Exercise directions
Should a line below contain the word "record", report it.

++++ Working data ++++

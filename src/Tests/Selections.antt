-- ===== src/Tests/Selections.antt =====
-- The theorems about the forecast assay and the selection gate at requests with one case.
use metering.Prelude.{
  insert, ℕ, ◌≡◌, refl, Bool, true, false, some, [], ◌∷◌, any, ltb, if◌then◌else◌, ◌==◌, filter,
  String, any_char, subset, contains, sort_by,
}
use metering.Prelude.Int.{ℤ, pos, negsuc}
use metering.Runtime.{
  ok, traverse, Json, null, bool, int, float, str, arr, obj, items, array, Decimals, Fields, get,
  keys, end, field,
}
use metering.Runtime.Dict.{find, put}
use metering.AgentProtocol.{
  require_object, require_nonempty_array, item, is_text, require_exact_keys,
  require_nonempty_string, require_sha256, require_bool, require_schema_version, canonical_digest,
  canonical_json, normalize_json_value, finite_number, probability,
}
use metering.AgentProtocol.Evaluations.{
  decode_forecast, decode_forecast_outcomes, decode_outcomes, decode_evaluator_result,
}
use metering.Assay.{
  TaskReport, probabilities_from, values_json, count_passed, count_unsafe, measure_case,
  measure_cases, mean_surprisal, measured_request, measure_agent_task_candidate,
}
use metering.Assay.Measured.{IsMeasured, measure_agent_task_candidate-IsMeasured}
use metering.Information.{
  validated_base, validated_probability, distribution, materialize, probability_values,
  require_normalized,
}
use metering.Information.Measures.{in_base, entropy, self_information}
use metering.Selection.{
  finite_exact, exact_is, is_negative, exceeds_one, nonnegative_number, same_number,
  normalize_decimals, is_count, get_is_count, difference, at_least, eq_int, is_null,
  exact_probability, number_as_float,
}
use metering.Selection.Reports.{
  verify_task_cases, verify_task_case, verify_report_fields, verify_task_summary,
  verify_forecast_measurement, verify_mean, verify_surprisal, safety_failed_cases, cases_fields,
  selection_evidence, verify_task_case, verify_surprisal, verify_report_fields, verify_mean,
  verify_forecast_measurement, selection_evidence, safety_failed_cases, cases_fields,
  VerifiedTaskReport, verify_task_report, case_ids, passed_cases,
}
use metering.Selection.Gate.{
  policy_json, Selection, required_pass_improvement_met, decide, compare_reports,
  select_task_reports, decode_selection_request, decode_policy, positive_count, evidence_document,
}
use metering.Selection.Decisions.{IsDecided, select_task_reports-IsDecided}
use metering.Selection.Verified.{IsVerified, select_task_reports-IsVerified}
use metering.Tests.Samples.{toy, digest, other_digest}
use metering.Tests.Decoders.{forecast_document, result_document}

abbrev assay_request : Fields ℕ
assay_request = field "schema_version" (int (pos 2)) (
    field "candidate" (str digest) (
      field "evaluation" (str "first") (
        field "cases"
          (arr (
            array (
              obj (
                field "case_id" (str "case") (
                  field "forecast" forecast_document (field "result" (result_document digest) end)))
              ∷ [])))
          end)))

abbrev task_report : TaskReport ℕ
task_report = record {
  candidate = digest;
  cases =
      record {
        case_id = "case";
        evidence = null;
        outcome = "yes";
        passed = true;
        safety_passed = true;
        target_probability = 1;
        surprisal = 0;
      }
      ∷ [];
  evaluation = "first";
  any_infinite = false;
  mean = some 0;
  passed_count = 1;
  safety_failures = 0;
}

measured : measure_agent_task_candidate toy assay_request ≡ ok task_report
unfolding measure_agent_task_candidate require_exact_keys subset keys item get
    require_schema_version require_sha256 any_char require_nonempty_array array require_object
    decode_forecast finite_number is_text require_bool probability decode_evaluator_result
    decode_forecast_outcomes decode_outcomes normalize_json_value require_nonempty_string
    count_passed count_unsafe mean_surprisal measure_case measure_cases measured_request
    probabilities_from values_json entropy in_base self_information distribution materialize
    probability_values require_normalized validated_base validated_probability any contains filter
    insert sort_by find put items traverse
measured = refl

measure_agent_task_candidate-IsMeasured_example : IsMeasured toy assay_request task_report
measure_agent_task_candidate-IsMeasured_example =
    measure_agent_task_candidate-IsMeasured toy assay_request task_report measured

abbrev exceeds_integer : ℕ → ℤ → Bool
exceeds_integer a (pos n) = ltb n a
exceeds_integer a (negsuc n) = true

abbrev below_integer : ℕ → ℤ → Bool
below_integer a (pos n) = ltb a n
below_integer a (negsuc n) = false

abbrev same_integer : ℕ → ℤ → Bool
same_integer a (pos n) = a == n
same_integer a (negsuc n) = false

-- Decimals that are the natural numbers, so that a document is read as it was written.
abbrev pub toy_decimals : Decimals ℕ
toy_decimals = record {
  Decimal = ℕ;
  decimal_eq = same_integer;
  decimal_lt = below_integer;
  decimal_gt = exceeds_integer;
  to_float = λ d. ok d;
  reparse = λ v. ok v;
}

abbrev case_document : Bool → Json ℕ
case_document passed = obj (
    field "case_id" (str "case") (
      field "evidence" null (
        field "outcome" (str "yes") (
          field "passed" (bool passed) (
            field "safety_passed" (bool true) (
              field "target_probability" (float 1) (
                field "target_surprisal"
                  (obj (field "infinite" (bool false) (field "value_bits" (float 0) end)))
                  end)))))))

abbrev measurement_document : Json ℕ
measurement_document = obj (
    field "aggregate"
      (obj (
        field "infinite" (bool false)
          (field "mean_target_surprisal_bits" (float 0) (field "sample_count" (int (pos 1)) end))))
      (field "base" (float 2) (field "metering_measure" (str "self_information") end)))

abbrev summary_document : Bool → Json ℕ
summary_document passed = obj (
    field "case_count" (int (pos 1)) (
      field "passed_count" (int (pos (if passed then 1 else 0)))
        (field "safety_failures" (int (pos 0)) end)))

-- A report of one case, passed or not.
abbrev pub report_document : String → Bool → Json ℕ
report_document candidate passed = obj (
    field "candidate" (str candidate) (
      field "cases" (arr (array (case_document passed ∷ []))) (
        field "evaluation" (str "first") (
          field "forecast_measurement" measurement_document (
            field "schema_version" (int (pos 2))
              (field "task_summary" (summary_document passed) end))))))

abbrev pub policy_document : Json ℕ
policy_document = obj (
    field "type" (str "task-pass-count-v1") (
      field "minimum_pass_improvement" (int (pos 1))
        (field "reject_safety_regression" (bool true) end)))

abbrev selection_request : Fields ℕ
selection_request = field "challenger_report" (report_document other_digest true) (
    field "incumbent_report" (report_document digest false)
      (field "policy" policy_document (field "schema_version" (int (pos 2)) end)))

abbrev verified : String → Bool → VerifiedTaskReport ℕ
verified candidate passed = record {
  candidate = candidate;
  evaluation = "first";
  cases =
      record {
        case_id = "case";
        evidence = null;
        outcome = "yes";
        passed = passed;
        safety_passed = true;
        target_probability = 1;
        target_surprisal_bits = 0;
      }
      ∷ [];
  passed_count = if passed then 1 else 0;
  safety_failures = 0;
  mean_target_surprisal_bits = some 0;
}

abbrev pub promotion : Selection ℕ
promotion = record {
  challenger = verified other_digest true;
  evidence_id = digest;
  incumbent = verified digest false;
  pass_improvement = pos 1;
  policy = record { minimum_pass_improvement = 1; reject_safety_regression = true };
  promote = true;
  reason = required_pass_improvement_met;
  selected = other_digest;
}

promoted : select_task_reports toy toy_decimals selection_request ≡ ok promotion
unfolding select_task_reports require_exact_keys subset keys item get require_schema_version
    require_object is_text require_bool verify_task_report require_sha256 any_char
    require_nonempty_array array exact_probability number_as_float canonical_digest canonical_json
    require_nonempty_string self_information validated_base validated_probability any contains items
    compare_reports decide decode_policy decode_selection_request evidence_document policy_json
    positive_count case_ids cases_fields passed_cases safety_failed_cases selection_evidence
    verify_forecast_measurement verify_mean verify_report_fields verify_surprisal verify_task_case
    verify_task_cases verify_task_summary at_least difference eq_int exact_is exceeds_one
    finite_exact get_is_count is_count is_negative is_null nonnegative_number normalize_decimals
    same_number
promoted = refl

select_task_reports-IsDecided_example : IsDecided promotion
select_task_reports-IsDecided_example =
    select_task_reports-IsDecided toy toy_decimals selection_request promotion promoted

select_task_reports-IsVerified_example :
    IsVerified promotion.incumbent
    × IsVerified promotion.challenger
    × ((id : String)
        → contains id (case_ids promotion.incumbent.cases)
          ≡ contains id (case_ids promotion.challenger.cases))
select_task_reports-IsVerified_example =
    select_task_reports-IsVerified toy toy_decimals selection_request promotion promoted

++++

Written solution
task_report = record {
      record {
toy_decimals = record {
verified candidate passed = record {
      record {
promotion = record {
  policy = record { minimum_pass_improvement = 1; reject_safety_regression = true };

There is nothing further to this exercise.